━━━━━ Data excerpts ━━━━━

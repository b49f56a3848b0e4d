-- ===== src/Sort.antt =====
-- The sorts of algorithm/CPP/topic/Sort. A `std::vector<int>` is a list; only the order of the
-- values matters, so an `int` x stands here as x + 2 ^ 31. An index is smaller than the size, which
-- is taken to fit an `int`.
pub mod Bubble
pub mod Insertion
pub mod Selection
pub mod Shell
pub mod Agree
use geektime.Prelude.{
  hit, count, ℕ, zero, suc, ◌+◌, ◌<◌, ◌≤◌, ◌≡◌, ◌≢◌, refl, ap, Option, some, ◌>>=◌, List, [], ◌∷◌,
  load, store, length, get_elem?, set, length-set, ◌==◌, if◌then◌else◌, arith, store-some,
}

-- `std::swap(d[i], d[j])`.
unfoldable pub swap : List ℕ → ℕ → ℕ → Option (List ℕ)
swap d i j = do a ← load d i; b ← load d j; d' ← store d i b; store d' j a

-- d[i], and 0 out of bounds.
abbrev pub val : List ℕ → ℕ → ℕ
val [] i = 0
val (x ∷ xs) zero = x
val (x ∷ xs) (suc i) = val xs i

abbrev pub IsSorted : List ℕ → Type 0
IsSorted d = (i : ℕ) → suc i < length d → val d i ≤ val d (suc i)

-- Sorted, and with every value as often as before.
abbrev pub Sorts : List ℕ → List ℕ → Type 0
Sorts d e = IsSorted e × (length e ≡ length d) × ((v : ℕ) → count v e ≡ count v d)

pub load-val : (d : List ℕ) (i : ℕ) → i < length d → load d i ≡ some (val d i)
load-val [] i h = elim h [ ]
load-val (x ∷ d) zero h = refl
load-val (x ∷ d) (suc i) h = load-val d i (omega arith)

pub val-set_self : (d : List ℕ) (i a : ℕ) → i < length d → val (set d i a) i ≡ a
val-set_self [] i a h = elim h [ ]
val-set_self (x ∷ d) zero a h = refl
val-set_self (x ∷ d) (suc i) a h = val-set_self d i a (omega arith)

pub val-set_ne : (d : List ℕ) (i j a : ℕ) → i ≢ j → val (set d i a) j ≡ val d j
val-set_ne [] i j a h = refl
val-set_ne (x ∷ d) zero zero a h = absurd (h refl)
val-set_ne (x ∷ d) zero (suc j) a h = refl
val-set_ne (x ∷ d) (suc i) zero a h = refl
val-set_ne (x ∷ d) (suc i) (suc j) a h = val-set_ne d i j a (λ e. h (ap suc e))

pub count-set :
    (v : ℕ) (d : List ℕ) (i a : ℕ)
    → i < length d
    → count v (set d i a) + hit v (val d i) ≡ count v d + hit v a
count-set v [] i a h = elim h [ ]
count-set v (x ∷ d) zero a h = omega arith
count-set v (x ∷ d) (suc i) a h = omega (arith, count-set v d i a (omega arith))

-- What `swap` leaves.
pub record Swapped (d : List ℕ) (i j : ℕ) (e : List ℕ) : Type 0 where
  pub size : length e ≡ length d
  pub counts : (v : ℕ) → count v e ≡ count v d
  pub first : val e i ≡ val d j
  pub second : val e j ≡ val d i
  pub others : (k : ℕ) → k ≢ i → k ≢ j → val e k ≡ val d k

pub swap-Swapped :
    (d : List ℕ) (i j : ℕ)
    → i < length d
    → j < length d
    → i ≢ j
    → (e : List ℕ) × (swap d i j ≡ some e) × Swapped d i j e
unfolding swap
swap-Swapped d i j hi hj ne =
    let a = val d i in
    let b = val d j in
    let d' = set d i b in
    let size' : length d' ≡ length d = length-set d i b in
    let hj' : j < length d' = omega (arith, size') in
    let was : val d' j ≡ b = val-set_ne d i j b ne in
    (
      set d' j a,
      rw (load-val d i hi, load-val d j hj, store-some d i b hi, store-some d' j a hj') refl,
      record {
        size = omega (arith, length-set d' j a, size');
        counts = λ v. omega (arith, count-set v d i b hi, count-set v d' j a hj', ap (hit v) was);
        first = omega (arith, val-set_ne d' j i a (λ e. ne (omega arith)), val-set_self d i b hi);
        second = val-set_self d' j a hj';
        others = λ k ki kj. omega (
          arith,
          val-set_ne d' j k a (λ e. kj (omega arith)),
          val-set_ne d i k b (λ e. ki (omega arith)),
        );
      },
    )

━━━━━

• **What is expected**: All lines above holding the word "first" make up the answer; copy each one.

• **Answer below**:
  pub first : val e i ≡ val d j
        first = omega (arith, val-set_ne d' j i a (λ e. ne (omega arith)), val-set_self d i b hi);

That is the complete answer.